-- ===== src/Chat/Frames.antt =====
-- What the effects of the setters of client/src/store/chatStore.ts leave alone.
use dfchat.Common.{
  map, ◌++◌, ◌or_else◌, ◌⊎◌, inl, inr, Option-cases, String, ◌≡◌, refl, ◌∙◌, some, List, [], ◌∷◌,
  arith, if◌then◌else◌, ◌==◌, is_some,
}
use dfchat.Common.Dict.{get, get-put, get-spread, Dict}
use dfchat.Types.{ChatMessage}
use dfchat.Chat.{Client, cache_messages, archive_append, archive_remove, set_conv}
use dfchat.Chat.Messages.{
  unseen, sort_by_seq, merge_messages, conv_of, archive_each, restore, load_all_cached,
  hydrate_from_cache,
}

module _ (c : Client) where
  pub chat-cache_messages :
      (k : String) (ms : List ChatMessage) → (cache_messages k ms c).chat ≡ c.chat
  unfolding cache_messages
  chat-cache_messages k ms = ground arith

  pub chat-archive_append : (m : ChatMessage) → (archive_append m c).chat ≡ c.chat
  unfolding archive_append
  chat-archive_append m = ground arith

  pub chat-archive_remove : (id : String) → (archive_remove id c).chat ≡ c.chat
  unfolding archive_remove
  chat-archive_remove id = ground arith

  pub cache-archive_append :
      (m : ChatMessage)
      → ((archive_append m c).cache ≡ c.cache) × ((archive_append m c).quota ≡ c.quota)
  unfolding archive_append
  cache-archive_append m = ground arith

  pub cache-archive_remove :
      (id : String)
      → ((archive_remove id c).cache ≡ c.cache) × ((archive_remove id c).quota ≡ c.quota)
  unfolding archive_remove
  cache-archive_remove id = ground arith

  pub conv_of-set_conv :
      (k j : String) (ms : List ChatMessage)
      → conv_of j (set_conv k ms c) ≡ (if k == j then some ms else conv_of j c)
  unfolding set_conv
  conv_of-set_conv k j ms = get-put k j ms c.chat.messages_by_conv

pub chat-archive_each : (ms : List ChatMessage) (c : Client) → (archive_each ms c).chat ≡ c.chat
unfolding archive_each
chat-archive_each [] c = refl
chat-archive_each (m ∷ ms) c = chat-archive_each ms (archive_append m c) ∙ chat-archive_append c m

pub cache-archive_each :
    (ms : List ChatMessage) (c : Client)
    → ((archive_each ms c).cache ≡ c.cache) × ((archive_each ms c).quota ≡ c.quota)
unfolding archive_each
cache-archive_each [] c = (refl, refl)
cache-archive_each (m ∷ ms) c =
    let (e, q) = cache-archive_each ms (archive_append m c) in
    let (e', q') = cache-archive_append c m in (e ∙ e', q ∙ q')

has_archive-cache_messages :
    (k : String) (ms : List ChatMessage) (c : Client)
    → (cache_messages k ms c).has_archive ≡ c.has_archive
unfolding cache_messages
has_archive-cache_messages k ms c = ground arith

has_archive-archive_append :
    (m : ChatMessage) (c : Client) → (archive_append m c).has_archive ≡ c.has_archive
unfolding archive_append
has_archive-archive_append m c = ground arith

has_archive-archive_each :
    (ms : List ChatMessage) (c : Client) → (archive_each ms c).has_archive ≡ c.has_archive
unfolding archive_each
has_archive-archive_each [] c = refl
has_archive-archive_each (m ∷ ms) c =
    has_archive-archive_each ms (archive_append m c) ∙ has_archive-archive_append m c

conv_of-restore :
    (j : String) (cached : Dict (List ChatMessage)) (c : Client)
    → conv_of j (restore cached c) ≡ (if is_some (conv_of j c) then conv_of j c else get j cached)
unfolding restore get
conv_of-restore j [] c = ground arith
conv_of-restore j (e ∷ cached) c = get-spread j (e ∷ cached) c.chat.messages_by_conv

-- After a start from the cache a conversation holds what memory held for it, or else what the cache
-- gives.
pub conv_of-hydrate_from_cache :
    (j : String) (c : Client)
    → conv_of j (hydrate_from_cache c)
      ≡ (if is_some (conv_of j c) then conv_of j c else get j (load_all_cached c.cache))
unfolding hydrate_from_cache
conv_of-hydrate_from_cache j c = conv_of-restore j (load_all_cached c.cache) c

cache-restore :
    (stored : Dict (List ChatMessage)) (c : Client)
    → ((restore stored c).cache ≡ c.cache) × ((restore stored c).quota ≡ c.quota)
unfolding restore
cache-restore [] c = (refl, refl)
cache-restore (e ∷ stored) c = (refl, refl)

pub cache-hydrate_from_cache :
    (c : Client)
    → ((hydrate_from_cache c).cache ≡ c.cache) × ((hydrate_from_cache c).quota ≡ c.quota)
unfolding hydrate_from_cache
cache-hydrate_from_cache c = cache-restore (load_all_cached c.cache) c

pub hydrate_from_cache_cases :
    (k : String) (ms : List ChatMessage) (c : Client)
    → conv_of k (hydrate_from_cache c) ≡ some ms
    → (conv_of k c ≡ some ms) ⊎ (get k (load_all_cached c.cache) ≡ some ms)
hydrate_from_cache_cases k ms c e = elim (Option-cases (conv_of k c)) [
  | inl x ↦ inr (ground (arith, conv_of-hydrate_from_cache k c))
  | inr (xs, x) ↦ inl (ground (arith, conv_of-hydrate_from_cache k c))
]

-- A merge leaves the archive of the client where it was.
pub has_archive-merge_messages :
    (k : String) (ms : List ChatMessage) (c : Client)
    → (merge_messages k ms c).has_archive ≡ c.has_archive
unfolding merge_messages set_conv
has_archive-merge_messages k ms c =
    let existing = conv_of k c or_else [] in
    let new = unseen (map (λ m. m.id) existing) ms in
    has_archive-cache_messages k (sort_by_seq (existing ++ new)) (archive_each new c)
    ∙ has_archive-archive_each new c
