-- ===== src/Chat/Authority.antt =====
-- The 30-day horizon of client/src/store/chatStore.ts: what edits, recalls and removals do to memory
-- and to the archive, on each side of it.
use dfchat.Common.{
  ℕ, zero, suc, ◌≤◌, String, ◌≡◌, refl, Bool, not, ◌&&◌, Option, none, some, List, [], ◌∷◌, arith,
  if◌then◌else◌, ◌or_else◌, ◌==◌, eq_iff, find, find_index, get_elem?, set, keep, length, nat_eq,
  is_some, Bool-cases, Option-cases, inl, inr,
}
use dfchat.Types.{ChatMessage}
use dfchat.Chat.{
  Client, ParseDate, is_past_authority_window, cache_messages, archive_append, set_conv,
}
use dfchat.Chat.Messages.{
  is_id, conv_of, write_at_id, replace_message, mirror_removal, remove_message,
}
use dfchat.Chat.Frames.{
  conv_of-set_conv, chat-cache_messages, chat-archive_append, chat-archive_remove,
}

-- The message that memory shows in a conversation under an id.
abbrev pub shown : String → String → Client → Option ChatMessage
shown k id c = find (is_id id) (conv_of k c or_else [])

-- `next[idx] = f(next[idx])` at the index that `findIndex` gave.
find-write :
    (id j : String) (f : ChatMessage → ChatMessage) (xs : List ChatMessage) (i : ℕ)
    (old : ChatMessage)
    → find_index (is_id id) xs ≡ some i
    → get_elem? xs i ≡ some old
    → (f old).id ≡ id
    → find (is_id j) (set xs i (f old)) ≡ (if id == j then some (f old) else find (is_id j) xs)
find-write id j f [] i old e at same = cc
find-write id j f (x ∷ xs) zero old e at same =
    ground (arith, eq_iff x.id id, eq_iff id j, eq_iff x.id j, eq_iff (f old).id j, same)
find-write id j f (x ∷ xs) (suc i) old e at same =
    ground (arith, eq_iff x.id id, eq_iff id j, eq_iff x.id j, find-write id j f xs i old)

find-none_of_find_index :
    (id : String) (xs : List ChatMessage)
    → find_index (is_id id) xs ≡ none
    → find (is_id id) xs ≡ none
find-none_of_find_index id [] e = refl
find-none_of_find_index id (x ∷ xs) e = ground (arith, find-none_of_find_index id xs)

find_of_find_index :
    (id : String) (xs : List ChatMessage) (i : ℕ)
    → find_index (is_id id) xs ≡ some i
    → (old : ChatMessage) × (get_elem? xs i ≡ some old) × (find (is_id id) xs ≡ some old)
find_of_find_index id [] i e = cc
find_of_find_index id (x ∷ xs) zero e = (x, refl, ground arith)
find_of_find_index id (x ∷ xs) (suc i) e =
    let (old, at, found) = find_of_find_index id xs i (ground arith) in
    (old, at, ground (arith, found))

shown-set_conv :
    (k j id : String) (ms : List ChatMessage) (c : Client)
    → shown j id (set_conv k ms c) ≡ (if k == j then find (is_id id) ms else shown j id c)
shown-set_conv k j id ms c = ground (arith, conv_of-set_conv c k j ms)

same_chat-shown : (j id : String) (c d : Client) → d.chat ≡ c.chat → shown j id d ≡ shown j id c
same_chat-shown j id c d e = ground (arith, e)

-- The shown message after an update at an id, in whatever conversation and under whatever id.
shown-write_at_id :
    (k id j i : String) (m : ChatMessage) (xs : List ChatMessage) (c : Client)
    → m.id ≡ id
    → conv_of k c ≡ some xs
    → shown j i (write_at_id k id (λ old. m) xs c)
      ≡ (if (k == j) && ((id == i) && is_some (shown k id c)) then some m else shown j i c)
unfolding write_at_id
shown-write_at_id k id j i m xs c same e = elim (Option-cases (find_index (is_id id) xs)) [
  | inl out ↦ rw (out, write_at_id) (ground (arith, find-none_of_find_index id xs out, e))
  | inr (at, hit) ↦
      let (old, held, found) = find_of_find_index id xs at hit in
      let stored = cache_messages k (set xs at m) c in
      rw (hit, held, write_at_id)
        (ground (
          arith,
          e,
          found,
          eq_iff k j,
          shown-set_conv k j i (set xs at m) stored,
          same_chat-shown j i c stored (chat-cache_messages c k (set xs at m)),
          find-write id i (λ o. m) xs at old hit held same,
        ))
]

-- An edit or a recall changes one shown message, the one with the id of the event in the conversation
-- of the event, which then is the message of the event, and only if one is shown there and the
-- creation time that the event itself carries is within the horizon. The creation time of the shown
-- message is not asked for.
pub shown-replace_message :
    (d : ParseDate) (now : ℕ) (m : ChatMessage) (c : Client) (j i : String)
    → let k = m.conversation_id in
      shown j i (replace_message d now m c) ≡ (
        if not (is_past_authority_window d now m.created_at)
          && ((k == j) && ((m.id == i) && is_some (shown k m.id c)))
        then some m
        else shown j i c)
unfolding replace_message
shown-replace_message d now m c0 j i =
    let k = m.conversation_id in
    let c = archive_append m c0 in
    let chat = chat-archive_append c0 m in
    elim (Bool-cases (is_past_authority_window d now m.created_at)) [
      | inl past ↦ rw past refl
      | inr recent ↦ rw recent (elim (Option-cases (conv_of k c)) [
        | inl e ↦
            rw e
              (ground (arith, same_chat-shown j i c0 c chat, same_chat-shown k m.id c0 c chat, e))
        | inr (xs, e) ↦ rw e (
            ground (
              arith,
              shown-write_at_id k m.id j i m xs c refl e,
              same_chat-shown j i c0 c chat,
              same_chat-shown k m.id c0 c chat,
            ))
      ])
    ]

find-keep :
    (id i : String) (xs : List ChatMessage)
    → find (is_id i) (keep (λ m. not (is_id id m)) xs)
      ≡ (if id == i then none else find (is_id i) xs)
find-keep id i [] = ground arith
find-keep id i (x ∷ xs) =
    ground (arith, eq_iff x.id id, eq_iff id i, eq_iff x.id i, find-keep id i xs)

length-keep-le : (p : ChatMessage → Bool) (xs : List ChatMessage) → length (keep p xs) ≤ length xs
length-keep-le p [] = omega arith
length-keep-le p (x ∷ xs) = ground (arith, length-keep-le p xs)

-- Where the filter drops nothing, nothing is there to drop.
keep_all :
    (p : ChatMessage → Bool) (xs : List ChatMessage)
    → length (keep p xs) ≡ length xs
    → keep p xs ≡ xs
keep_all p [] e = refl
keep_all p (x ∷ xs) e = ground (arith, keep_all p xs, length-keep-le p xs)

chat-mirror_removal :
    (d : ParseDate) (now : ℕ) (id : String) (o : Option ChatMessage) (c : Client)
    → (mirror_removal d now id o c).chat ≡ c.chat
chat-mirror_removal d now id none c = refl
chat-mirror_removal d now id (some m) c = ground (arith, chat-archive_remove c id)

-- A removal takes the id out of the conversation, and changes nothing else that is shown.
pub shown-remove_message :
    (d : ParseDate) (now : ℕ) (k id : String) (c : Client) (j i : String)
    → shown j i (remove_message d now k id c)
      ≡ (if (k == j) && (id == i) then none else shown j i c)
unfolding remove_message
shown-remove_message d now k id c0 j i =
    let current = shown k id c0 in
    let c = mirror_removal d now id current c0 in
    let chat = chat-mirror_removal d now id current c0 in
    let same = same_chat-shown j i c0 c chat in
    elim (Option-cases (conv_of k c)) [
      | inl e ↦ rw (e, remove_message) (ground (arith, same, eq_iff k j, e))
      | inr (xs, e) ↦
          let next = keep (λ m. not (is_id id m)) xs in
          let stored = cache_messages k next c in
          rw (e, remove_message)
            (elim (Bool-cases (nat_eq (length next) (length xs))) [
              | inl all_kept ↦ rw all_kept (
                  ground (
                    arith,
                    same,
                    e,
                    eq_iff k j,
                    find-keep id i xs,
                    keep_all (λ m. not (is_id id m)) xs (ground (arith, all_kept)),
                  ))
              | inr fewer ↦ rw fewer (
                  ground (
                    arith,
                    same,
                    e,
                    eq_iff k j,
                    find-keep id i xs,
                    shown-set_conv k j i next stored,
                    same_chat-shown j i c stored (chat-cache_messages c k next),
                  ))
            ])
    ]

● ● ● ● ●

- [YOUR GOAL] The expected answer is an exact copy of the lines above, beginning at the line with "-- creation time" and ending at the line with "let chat = chat-archive_append c0 m in", with both ends in.

- [ANSWER TO THE EXERCISE]
-- creation time that the event itself carries is within the horizon. The creation time of the shown
-- message is not asked for.
pub shown-replace_message :
    (d : ParseDate) (now : ℕ) (m : ChatMessage) (c : Client) (j i : String)
    → let k = m.conversation_id in
      shown j i (replace_message d now m c) ≡ (
        if not (is_past_authority_window d now m.created_at)
          && ((k == j) && ((m.id == i) && is_some (shown k m.id c)))
        then some m
        else shown j i c)
unfolding replace_message
shown-replace_message d now m c0 j i =
    let k = m.conversation_id in
    let c = archive_append m c0 in
    let chat = chat-archive_append c0 m in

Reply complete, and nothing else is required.